PRnet: Predicting transcriptional responses to novel chemical perturbations using deep generative model
This repository hosts the official implementation of PRnet, a flexible and scalable perturbation-conditioned generative model predicting transcriptional responses to novel complex perturbations at bulk and single-cell levels.
We provide model pretrained weight and precessed dataset (LINCS_L1000 and Sci-Plex) for training and reproducibility.
To clone our model, install github and run:
git clone https://github.com/Perturbation-Response-Prediction/PRnet.git
Please download the datasets and store them in the dataset
folder. Download the pretrained weights and store them in the checkpoint
folder.
- PRnet/: contains the code for the model, the data, and documents.
- data: contains the
utils
for data processing. - dataset: contains datasets.
- figure: contains notebooks for generate figures in our paper.
- img: contains the graphic abstract of PRnet.
- models: contains models of PRnet.
- trainer: contains trainer of PRnet.
- preprocessing: contains notebooks for processing the data.
- train and test: including test_lincs.py, train_lincs.py, train_sciplex.py and test_sciplex.py.
We recommend using Anaconda or Dockerfile to creat environment for using PRnet. Please make sure you have installed pre-installation.

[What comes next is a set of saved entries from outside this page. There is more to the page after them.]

-- ===== src/Reliable/Answers.antt =====
-- our-course/labs/lab10-distributed/solutions/reliable.c: what the server makes of the packets of the
-- client, and the client of the acknowledgements.
use ia_operating_systems.Base.{
  ℕ, ◌+◌, ◌%◌, ◌^◌, ◌≤◌, ◌<◌, ◌≡◌, true, ◌&&◌, ◌==◌, ltb, leb, if◌then◌else◌, Option, none, some,
  List, [], ◌∷◌, ◌++◌, arith, ap, sym, ◌∙◌,
}
use ia_operating_systems.Reliable.Packet.{
  Packet, max_packet, t_data, t_ack, t_fin, rel_magic, pack, head,
}
use ia_operating_systems.Reliable.Server.{
  Server, c_string, payload_of, ack, serve_head, serve_packet,
}
use ia_operating_systems.Reliable.Client.{Setup, packet_of, acknowledges}
use ia_operating_systems.Reliable.Format.{head-pack, size-pack, payload_of-pack}

-- The messages have numbers of 32 bits, and each fits into a packet.
pub record IsSetup (p : Setup) : Type 0 where
  pub few : p.n < 2 ^ 32
  pub short : (i : ℕ) → p.plen i + 12 ≤ max_packet

-- Message `i` as a string.
abbrev pub message : Setup → ℕ → List ℕ
message p i = c_string (p.payload i) 0 (p.plen i)

abbrev data_packet : Setup → ℕ → Packet
data_packet p i = pack p.storage t_data i (p.payload i) (p.plen i)

abbrev fin_packet : Setup → Packet
fin_packet p = pack p.storage t_fin p.n (λ k. 0) 0

module _ (p : Setup) (v : IsSetup p) where
  packet_of-data : (i : ℕ) → i < p.n → packet_of p i ≡ data_packet p i
  unfolding packet_of
  packet_of-data i lt =
      let small : i % 2 ^ 32 ≡ i = omega (arith, v.few) in
      ground (arith, ap (λ k. pack p.storage t_data k (p.payload i) (p.plen i)) small)

  packet_of-fin : (i : ℕ) → p.n ≤ i → packet_of p i ≡ fin_packet p
  unfolding packet_of
  packet_of-fin i le =
      let small : p.n % 2 ^ 32 ≡ p.n = omega (arith, v.few) in
      ground (arith, ap (λ k. pack p.storage t_fin k (λ k. 0) 0) small)

  module _ (storage : ℕ → ℕ) (s : Server) where
    -- What the server makes of message `i`.
    abbrev pub on_data : ℕ → Server × Option Packet
    on_data i =
        if i == s.expected
        then (
          record s {
            expected = (s.expected + 1) % 2 ^ 32;
            delivered = s.delivered + 1;
            app = s.app ++ message p i ∷ [];
          },
          some (ack storage i),
        )
        else if ltb i s.expected
        then (record s { dups = s.dups + 1 }, some (ack storage i))
        else (s, none)

    abbrev pub on_fin : Server × Option Packet
    on_fin =
        let fin_seq = if s.fin_seen then s.fin_seq else p.n in
        (record s { fin_seen = true; fin_seq = fin_seq }, some (ack storage fin_seq))

    large_enough :
        (pkt : Packet)
        → 12 ≤ pkt.size
        → serve_packet storage s pkt ≡ serve_head storage s (head pkt)
    unfolding serve_packet
    large_enough pkt le = ground arith

    pub serve-data : (i : ℕ) → i < p.n → serve_packet storage s (packet_of p i) ≡ on_data i
    unfolding serve_head
    serve-data i lt =
        let small : i < 2 ^ 32 = omega (arith, v.few) in
        let read =
          head-pack p.storage t_data i (p.payload i) (p.plen i) (v.short i) (omega arith) small in
        let text =
          payload_of-pack p.storage t_data i (p.payload i) (p.plen i) (v.short i) storage
            (omega arith) small in
        ap (serve_packet storage s) (packet_of-data i lt)
        ∙ large_enough (data_packet p i)
            (omega (arith, size-pack p.storage t_data i (p.payload i) (p.plen i) (v.short i)))
        ∙ ap (serve_head storage s) read
        ∙ ap
            (λ l.
              if i == s.expected
              then (
                record s {
                  expected = (s.expected + 1) % 2 ^ 32;
                  delivered = s.delivered + 1;
                  app = s.app ++ l ∷ [];
                },
                some (ack storage i),
              )
              else if ltb i s.expected
              then (record s { dups = s.dups + 1 }, some (ack storage i))
              else (s, none))
            (sym (ap (payload_of storage) read) ∙ text)

    pub serve-fin : (i : ℕ) → p.n ≤ i → serve_packet storage s (packet_of p i) ≡ on_fin
    unfolding serve_head
    serve-fin i le =
        ap (serve_packet storage s) (packet_of-fin i le)
        ∙ large_enough (fin_packet p)
            (omega (arith, size-pack p.storage t_fin p.n (λ k. 0) 0 (omega arith)))
        ∙ ap (serve_head storage s)
            (head-pack p.storage t_fin p.n (λ k. 0) 0 (omega arith) (omega arith) v.few)

pub acknowledges-ack :
    (storage : ℕ → ℕ) (q seq : ℕ) → q < 2 ^ 32 → acknowledges (ack storage q) seq ≡ (q == seq)
unfolding acknowledges
acknowledges-ack storage q seq small =
    let size : leb 12 (ack storage q).size ≡ true =
      ground (arith, size-pack storage t_ack q (λ i. 0) 0 (omega arith)) in
    ap
      (λ b.
        b
        && (head (ack storage q)).magic == rel_magic
        && (head (ack storage q)).type == t_ack
        && (head (ack storage q)).seq == seq)
      size
    ∙ ap (λ h. h.magic == rel_magic && h.type == t_ack && h.seq == seq)
        (head-pack storage t_ack q (λ i. 0) 0 (omega arith) (omega arith) small)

We recommend using Anaconda to create a conda environment. You can create a python environment using the following command:
conda create -n PRnet python=3.7
Then, you can activate the environment using:
conda activate PRnet
pip install -r requirements.txt
Alternatively, you can use Docker to set up the environment. Build the Docker image using the provided Dockerfile:
docker build -t prnet .
You can change the Docker image of PyTorch according to your cuda version in Dockerfile FROM pytorch/pytorch:1.12.1-cuda11.3-cudnn8-runtime
.
Then run the Docker container:
docker run -dit --gpu all -v $(pwd):/workspace --name PRnet prnet
After the docker container is started, you can exit using exit
. If you use the -d mode, docker will be placed in the background. You can enter the container through docker attach PRnet
. After stopping the container, start the container with docker start PRnet
. You also can use docker exec -it PRnet /bin/bash
to enter the container.
Inference with demo dataset:
python test_demo.py --split_key demo_split
--data_path ./datasets/demo.h5ad
--results_dir ./results/demo/
Please see custom_data_preprocessing.ipynb to prepare your dataset. 'custom_data_preprocessing' is a demo which preprocesses the data from CCLE.

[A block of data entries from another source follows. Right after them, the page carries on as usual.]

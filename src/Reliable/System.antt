-- ===== src/Reliable/System.antt =====
-- our-course/labs/lab10-distributed/solutions/reliable.c: a client and the server on a network that
-- may lose packets, deliver them more than once and in any order. All packets ever sent are kept; one
-- that is lost is never received, and a time-out may come at any time.
use ia_operating_systems.Base.{ℕ, ◌≡◌, ◌⊎◌, Bool, true, Option, none, some, List, [], ◌∷◌}
use ia_operating_systems.Reliable.Packet.{Packet, Received, got}
use ia_operating_systems.Reliable.Server.{Server, fresh_server, server_round}
use ia_operating_systems.Reliable.Client.{
  Setup, Client, ready, waiting, fresh_client, client_send, client_round,
}

pub record System : Type 0 where
  pub client : Client
  pub server : Server
  pub running : Bool
  pub to_server : List Packet
  pub to_client : List Packet

abbrev pub fresh : System
fresh = record {
  client = fresh_client;
  server = fresh_server;
  running = true;
  to_server = [];
  to_client = [];
}

abbrev pub with_packet : Option Packet → List Packet → List Packet
with_packet none ps = ps
with_packet (some p) ps = p ∷ ps

abbrev pub In : Packet → List Packet → Type 0
In p [] = ⊥
In p (q ∷ qs) = (p ≡ q) ⊎ In p qs

-- What `net_recv` may come back with, when these packets were sent.
abbrev pub Arrives : Received → List Packet → Type 0
Arrives (got p) ps = In p ps
Arrives _ ps = Unit {0}

-- `client_send` of the client of the system.
abbrev pub after_send : Setup → System → System
after_send p s =
    let (c, out) = client_send p s.client in record s { client = c; to_server = out ∷ s.to_server }

abbrev pub after_client : Setup → System → ℕ → Received → System
after_client p s r v =
    let (c, out) = client_round p s.client r v in
    record s { client = c; to_server = with_packet out s.to_server }

abbrev pub after_server : (ℕ → ℕ) → System → Received → System
after_server storage s v =
    let (running, server, out) = server_round storage s.server v in
    record s { running = running; server = server; to_client = with_packet out s.to_client }

-- What the arrays of the server hold before they are written is another parameter, `storage`.
pub data Step (p : Setup) (storage : ℕ → ℕ) (s : System) : System → Type 0 where
  sends : s.client.pc ≡ ready → Step p storage s (after_send p s)
  client_receives :
      (r : ℕ) (v : Received)
      → s.client.pc ≡ waiting r
      → Arrives v s.to_client
      → Step p storage s (after_client p s r v)
  server_receives :
      (v : Received)
      → s.running ≡ true
      → Arrives v s.to_server
      → Step p storage s (after_server storage s v)

pub data Reach (p : Setup) (storage : ℕ → ℕ) : System → Type 0 where
  start : Reach p storage fresh
  then_step : {s t : System} → Reach p storage s → Step p storage s t → Reach p storage t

To train the L1000 dataset:
python train_lincs.py --split_key drug_split_4
To test the L1000 dataset:
python test_lincs.py --split_key drug_split_4
To train the Sci-plex dataset:
python train_sciplex.py --split_key drug_split_0
To test the L1000 dataset:
python test_sciplex.py --split_key drug_split_0
Name | Description |
---|---|
drug_candidates_recomandation.ipynb | Recomand drug for diseases. |
latent_tsne_lung_cancer | Learnable latent space of lung cancer data |
SCLC_plot_dsea | Enrichment score of candidates against small cell lung cancer |
paper: Xiaoning Qi, Lianhe Zhao, Chenyu Tian, Yueyue Li, Zhen-Lin Chen, Peipei Huo, Runsheng Chen, Xiaodong Liu, Baoping Wan, Shengyong Yang and Yi Zhao. Predicting transcriptional responses to novel chemical perturbations using deep generative model[J]. Nature Communications, 2024.
This project is covered under the Apache 2.0 License.